Estamos acostumados a falar das crianças como se fossem nossas, uma “posse”. Temos um carro, temos uma casa, temos um livro, temos um cachorro e… “temos quatro filhos”.
Graças a Deus, o carro não vai exigir seus direitos, nem vai gritar que não nos ama. Se não pegar, levamos para a oficina. Se depois de duas semanas consertando não funcionar, nós o vendemos para o negociante de sucata. Por outro lado, se a criança “não começa” na escola…
É verdade que os filhos nascem no seio de uma família, por isso é natural que a família assuma a responsabilidade dessa vida que se inicia. Mas a criança tem um coração, uma alma, e isso não é propriedade de ninguém. A filosofia nos ensina que a alma, o fundo de cada um, não pode vir dos pais, mas sim de Deus. Os pais dão permissão ao filho por toda a vida e assumem a bela tarefa de ajudá-lo, mas não podem dominá-lo como o carro ou o cachorro.

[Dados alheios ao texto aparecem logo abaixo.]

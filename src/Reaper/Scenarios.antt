-- ===== src/Reaper/Scenarios.antt =====
-- Tests and instances for src/reaper.rs: the fake of its tests, as an answer to the calls so far.
use ez_gh_actions.Base.{
  ℕ, ◌≤◌, ◌≡◌, refl, true, none, some, List, [], ◌∷◌, Text, text, text_eq, length, if◌then◌else◌,
  leb,
}
use ez_gh_actions.Base.Results.{ok}
use ez_gh_actions.Github.{WorkflowJob}
use ez_gh_actions.Reaper.{
  ReaperPlan, ReaperApi, Call, cancel_workflow_run, list_workflow_jobs, remove_runner, completed,
  poll_timed_out, new, push_step, set_status, job_matches_plan, judge_job, judge_poll, poll_loop,
  poll_until_job_terminal,
}
use ez_gh_actions.Reaper.Execute.{
  delete_runner, skip_delete, after_force, force, after_cancel, execute_reaper_plan_with_api,
  execute_from, execute_reaper_plans_with_api,
}
use ez_gh_actions.Reaper.Safety.{terminal_seen, deletes, deletion_guarded}
use ez_gh_actions.Reaper.Batch.{batch_deletes_once}

reaper_code : Unit {0}
unfolding new push_step set_status job_matches_plan judge_job judge_poll poll_loop
    poll_until_job_terminal delete_runner skip_delete after_force force after_cancel
    execute_reaper_plan_with_api execute_from execute_reaper_plans_with_api text_eq
reaper_code = tt

abbrev job : Text → WorkflowJob
job status = record {
  id = 2;
  name = text "test";
  status = status;
  conclusion = none;
  created_at = text "2026-07-07T08:00:00Z";
  started_at = some (text "2026-07-07T08:00:00Z");
  completed_at = none;
  runner_id = some 42;
  runner_name = some (text "ez-runner-c-1");
  runner_group_id = some 1;
  runner_group_name = some (text "Default");
  labels = text "self-hosted" ∷ [];
  html_url = none;
}

abbrev plan : ReaperPlan
plan = record {
  runner_id = 42;
  runner_name = text "ez-runner-c-1";
  repo = text "o/r";
  run_id = 1;
  run_url = text "u";
  job_id = 2;
  job_url = none;
  age_seconds = 7200;
  sequence = [];
}

-- the job stays in progress for the first `n` calls
abbrev api : ℕ → ReaperApi
api n = record {
  cancel = λ h repo run. ok tt;
  force_cancel = λ h repo run. ok tt;
  list_jobs = λ h repo run.
      ok (job (if leb (length h) n then text "in_progress" else text "completed") ∷ []);
  remove = λ h id. ok tt;
}

completes :
    ((execute_reaper_plan_with_api (api 1) plan 3 []).0.status ≡ completed)
    × ((execute_reaper_plan_with_api (api 1) plan 3 []).1
        ≡ remove_runner 42
          ∷ list_workflow_jobs (text "o/r") 1
          ∷ list_workflow_jobs (text "o/r") 1
          ∷ cancel_workflow_run (text "o/r") 1
          ∷ [])
unfolding reaper_code
completes = (refl, refl)

times_out : (execute_reaper_plan_with_api (api 99) plan 3 []).0.status ≡ poll_timed_out
unfolding reaper_code
times_out = refl

deletion_guarded_example :
    (before : List Call) × ((execute_reaper_plan_with_api (api 1) plan 3 []).1
      ≡ remove_runner 42 ∷ before)
    × (terminal_seen (api 1) plan before ≡ true)
    × ((execute_reaper_plan_with_api (api 1) plan 3 []).0.status ≡ completed
        → (api 1).remove before 42 ≡ ok tt)
unfolding reaper_code
deletion_guarded_example = (deletion_guarded (api 1) plan 3 []).0 refl

batch_deletes_once_example :
    (deletes 42 (execute_reaper_plans_with_api (api 1) (plan ∷ plan ∷ []) 3 []).1 ≤ 1)
    × (length (execute_reaper_plans_with_api (api 1) (plan ∷ plan ∷ []) 3 []).0 ≡ 2)
batch_deletes_once_example = batch_deletes_once (api 1) (plan ∷ plan ∷ []) 3 42 []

Então, qual é a atitude mais correta para com o filho que hoje “anda” de quatro pelo corredor e que logo começará a bater com a cabeça? Vamos deixá-lo fazer o que quiser? Este era o sonho de Rousseau com sua “criatura”, Emílio. Não é preciso ser um grande psicólogo para entender que o filho ideal de Rousseau só chegaria à juventude por obra de um milagre… A realidade é que os pais são chamados a dar uma formação profunda, correta e clara aos filhos.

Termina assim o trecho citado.